For cases, in which \(d > \tau\), the prediction is not counted as a true positive and contributes a fixed \(\tau^2\) to the regression error. Since this matching is outside the tolerance, it introduces one **false negative** and one **false positive**. Together with unmatched objects (which count as **false negatives** each) and unmatched predictions (which count as **false positives** each), we end up with the following sets

- \(TP^f = \) true positives of frame \(f\)
- \(FP^f = \) false positives of frame \(f\)
- \(FN^f = \) false negatives of frame \(f\)

and define the sum squared error \((SSE^f)\) of frame \(f\) by:

$$ SSE^f = \sum\limits_{(i,j) \in TP^f} \pi(x_i, y_i) + \sum\limits_{j \in FN^f} \tau^2 + \sum\limits_{i \in TP^f} \tau^2 $$

where \(\pi(x_i, y_i) = 0\) if \(||x_i - y_j||_2 < \varepsilon\) and \(\pi(x_i, y_i) = ||x_i - y_j||_2^2\) otherwise.

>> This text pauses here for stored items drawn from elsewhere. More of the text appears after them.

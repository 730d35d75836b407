-- ===== src/Experts/Adoption.antt =====
-- `adoptDeviceWeights` of expert_manager.cpp, when the device has room: the expert is moved
-- whatever its leases.
use hypermoe_engine.Base.{ℕ, ◌<◌, ◌≡◌, refl, none, some, [], ◌∷◌, ==_refl}
use hypermoe_engine.Base.Outcome.{ok}
use hypermoe_engine.Base.Map.{lookup, lookup-put_self, lookup-emplace_old}
use hypermoe_engine.Memory.Tier.{Tier, vram, ram, same}
use hypermoe_engine.Memory.Manager.{Allocation, MemoryManager, reserved, release}
use hypermoe_engine.Memory.Manager.Accounting.{Inv}
use hypermoe_engine.Cache.Policy.{CachePolicy}
use hypermoe_engine.Experts.State.{
  Buffer, ManagedExpert, ExpertManager, key, require_expert, write_expert, record_access,
}
use hypermoe_engine.Experts.Steps.{Payload, replace_allocation, settle, place}
use hypermoe_engine.Experts.Operations.{make_room_locked, move_locked}
use hypermoe_engine.Experts.Residency.{touch, take_over, adopt_device, adopt_device_weights}
use hypermoe_engine.Experts.Failures.{HasRoom, make_room-roomy, reserve-roomy}

-- The expert stands in the tier with these leases and buffers.
pub record Stands {P : CachePolicy} (layer id : ℕ) (tier : Tier) (leases : ℕ) (p : Payload)
    (s : ExpertManager P) : Type 0 where
  pub expert : ManagedExpert
  pub found : lookup (key layer id) s.experts ≡ some expert
  pub location : expert.metadata.location ≡ tier
  pub leased : expert.residency_leases ≡ leases
  pub host : expert.weights ≡ p.host
  pub device : expert.device_weights ≡ p.device

live :
    (old : Allocation) (m : MemoryManager) (tier : Tier) (n : ℕ)
    → lookup old.id m.allocations ≡ some old
    → lookup old.id (reserved m tier n).allocations ≡ some old
unfolding reserved
live old m vram n h = lookup-emplace_old m.next_id old.id old _ m.allocations h
live old m _ n h = lookup-emplace_old m.next_id old.id old _ m.allocations h

module _ {P : CachePolicy} where
  touch-Stands :
      (layer id : ℕ) (tier : Tier) (n : ℕ) (p : Payload) (s : ExpertManager P)
      → Stands layer id tier n p s
      → ((touch layer id s).0 ≡ ok tt) × Stands layer id tier n p (touch layer id s).1
  unfolding touch record_access write_expert
  touch-Stands layer id tier n p s h =
      rw (touch, require_expert, h.found)
        (
          refl,
          record {
            expert = record h.expert { usage_count = _; last_used = _ };
            found = lookup-put_self (key layer id) _ s.experts;
            location = h.location;
            leased = h.leased;
            host = h.host;
            device = h.device;
          },
        )

  settle-Stands :
      (layer id : ℕ) (e : ManagedExpert) (source tier : Tier) (a : Allocation) (p : Payload)
      (s : ExpertManager P)
      → Stands layer id tier e.residency_leases p (settle layer id e source tier a p s)
  unfolding settle place write_expert
  settle-Stands layer id e source tier a p s = record {
    expert = _;
    found = lookup-put_self (key layer id) _ _;
    location = refl;
    leased = refl;
    host = refl;
    device = refl;
  }

  replaced :
      (old : Allocation) (n : ℕ) (s : ExpertManager P)
      → lookup old.id s.memory.allocations ≡ some old
      → (s' : ExpertManager P) × (replace_allocation (some old) n s ≡ (ok tt, s'))
  unfolding replace_allocation release
  replaced old n s h = rw (replace_allocation, h, release) (_, refl)

  take_over-Stands :
      (s : ExpertManager P) (layer id : ℕ) (e : ManagedExpert) (old : Allocation) (p : Payload)
      → lookup (key layer id) s.experts ≡ some e
      → e.allocation ≡ some old
      → lookup old.id s.memory.allocations ≡ some old
      → Inv s.memory
      → 0 < e.metadata.size_bytes
      → HasRoom s.memory vram e.metadata.size_bytes
      → ((take_over layer id e vram p s).0 ≡ ok tt)
        × Stands layer id vram e.residency_leases p (take_over layer id e vram p s).1
  unfolding same take_over
  take_over-Stands s layer id e old p here owned known v sized roomy =
      let taken : ExpertManager P = record s {
        memory = reserved s.memory vram e.metadata.size_bytes;
      } in
      let (s', done) =
        replaced old s.memory.next_id taken (live old s.memory vram e.metadata.size_bytes known) in
      rw
        (
          take_over,
          make_room_locked,
          make_room-roomy (move_locked {P = P}) vram e.metadata.size_bytes (e.policy_id ∷ []) s v
              roomy,
          require_expert,
          here,
          reserve-roomy vram e.metadata.size_bytes s v roomy refl sized,
          owned,
          done,
        )
        (touch-Stands layer id vram e.residency_leases p _
          (settle-Stands layer id e e.metadata.location vram _ p s'))

  -- An expert in RAM, where VRAM has room for it and the buffer has its size, is moved to VRAM
  -- whatever its leases: the call returns, the leases are still counted, the host weights are gone.
  pub adopt_device_weights-Stands :
      (s : ExpertManager P) (layer id : ℕ) (e : ManagedExpert) (old : Allocation) (b : Buffer)
      → lookup (key layer id) s.experts ≡ some e
      → e.metadata.location ≡ ram
      → e.allocation ≡ some old
      → lookup old.id s.memory.allocations ≡ some old
      → Inv s.memory
      → 0 < e.metadata.size_bytes
      → HasRoom s.memory vram e.metadata.size_bytes
      → b.size ≡ e.metadata.size_bytes
      → let (r, s') = adopt_device_weights layer id (some b) s in
        (r ≡ ok tt)
        × Stands layer id vram e.residency_leases (record { host = none; device = some b }) s'
  unfolding adopt_device_weights
  adopt_device_weights-Stands s layer id e old b here warm owned known v sized roomy fits =
      simp
        (
          adopt_device_weights,
          require_expert,
          here,
          adopt_device,
          fits,
          ==_refl e.metadata.size_bytes,
          warm,
        )
        (take_over-Stands s layer id e old (record { host = none; device = some b }) here owned
          known v sized roomy)
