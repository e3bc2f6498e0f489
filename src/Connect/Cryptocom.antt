-- ===== src/Connect/Cryptocom.antt =====
-- src/cryptocom/ws.rs: the constructors of the Crypto.com connector, its configuration and its
-- subscriptions. The connector sends no pings.
use exchange_apiws.Prelude.{none, List, [], ◌∷◌, map}
use exchange_apiws.Prelude.Text.{Text, text}
use exchange_apiws.Prelude.Int.{ℤ}
use exchange_apiws.Streams.Cryptocom.{exchange_name}
use exchange_apiws.Connect.{WebSocketConfig, JsonMake}

pub record CryptocomConnector : Type 0 where
  pub url : Text

unfoldable pub public_connector : CryptocomConnector
public_connector = record { url = text "wss://stream.crypto.com/exchange/v1/market" }

unfoldable pub private_connector : CryptocomConnector
private_connector = record { url = text "wss://stream.crypto.com/exchange/v1/user" }

unfoldable pub subscribe_frame : {V : Type 0} → JsonMake V → ℤ → List Text → Text
subscribe_frame m id channels = m.print (
    m.object (
      (text "id", m.integer id)
      ∷ (text "method", m.string (text "subscribe"))
      ∷ (text "params", m.object ((text "channels", m.array (map m.string channels)) ∷ []))
      ∷ []))

unfoldable pub build_ws_config : CryptocomConnector → Text → WebSocketConfig
build_ws_config connector symbol = record {
  url = connector.url;
  exchange = exchange_name;
  symbol = symbol;
  subscription_msg = none;
  ping_interval_secs = 30;
  reconnect_delay_secs = 5;
  max_reconnect_attempts = 5;
}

In the special case that all \(TP^f, FP^f\) and \(FN^f\) are \(\emptyset\), we define \(SSE^f\) to be 0.

To the right, you can see an example prediction of \(\lbrace x_1, x_2, x_3, x_4\rbrace\) for true objects \(\lbrace y_1, y_2, y_3 \rbrace\), omitting the \(f\) notation of the frame for clarity. Solving the assignment problem, the matching that minimizes the sum over all distances puts \((y_1, x_1), (y_2, x_2)\) and \((y_3, x_3)\) together with \(x_4\) being unmatched.

- \(x_1\) is a true positive, because \(d(x_1, y_1) \leq \tau\).
- \(x_1\) contributes 0 the the regression error, because \(d(x_1, y_1) \leq \varepsilon\).
- \(x_2\) gets matched to \(y_2\) because \( d(x_2, y_2) \leq d(x_2, y_3)\).
- \(x_2\) is a true positive, because \(d(x_2, y_2) \leq \tau\).
- \(x_2\) contributes \(d(x_2, y_2)^2\) to the regression error, because \(d(x_2, y_2) > \varepsilon\).
- \(x_3\) is a false positive because \(d(x_3, y_3) > \tau\). Because of that, \(x_3\) contributes \(\tau^2\) to the regression error.
- \(x_4\) is a false positive because it cannot be matched, contributing an additional \(\tau^2\) to the regression error.
- \(y_3\), despite the fact that it has a prediction in its border-radius, is a false negative as \(x_2\) was matched already to \(y_2\). This contributes another \(\tau^2\) to the regression error.

To summarize, we have:

\(TP = \lbrace (1,1), (2,2) \rbrace\), \(FP = \lbrace 3, 4 \rbrace\), \(FN = \lbrace 3 \rbrace\)

and a regression error of

\(SSE = 0 + d(x_2, y_2)^2 + 3 \tau^2\).

For a given sequence of 5 frames, we have

\(TP = \sum\limits_{f = 1}^{5} |TP^f|, FP = \sum\limits_{f = 1}^{5} |FP^f|, FN = \sum\limits_{f = 1}^{5} |FN^f|\) and \(SSE = \sum\limits_{f = 1}^{5} SSE^f\).

We further define

$$ MSE = \frac{SSE}{TP + FN + FP}. $$

(again, \(MSE = 0\) if \(SSE = 0.\))

For a whole submission, consisting of \(K\) sequences, where we denote with \(TP_k\) the true positives of the \(k\)-th sequence (and so on with \(FP_k, FN_k, SSE_k\)), we compute precision \(P\), recall \(R\) and \(MSE\) as follows:

$$ P = \frac{\sum\limits_{k=1}^{K}TP_k}{\sum\limits_{k=1}^{K}TP_k + FP_k} \qquad R = \frac{\sum\limits_{k=1}^{K}TP_k}{\sum\limits_{k=1}^{K}TP_k + FN_k} \qquad MSE = \frac{\sum\limits_{k=1}^{K}SSE_k}{\sum\limits_{k=1}^{K}TP_k + FN_k + FP_k}. $$

With this we can compute \(F_1 = \frac{2 PR}{P + R}\). Our ranking is determined by \(1 - F_1\) with the **smallest number** being the winner. \(MSE\) is used as a tiebreaker.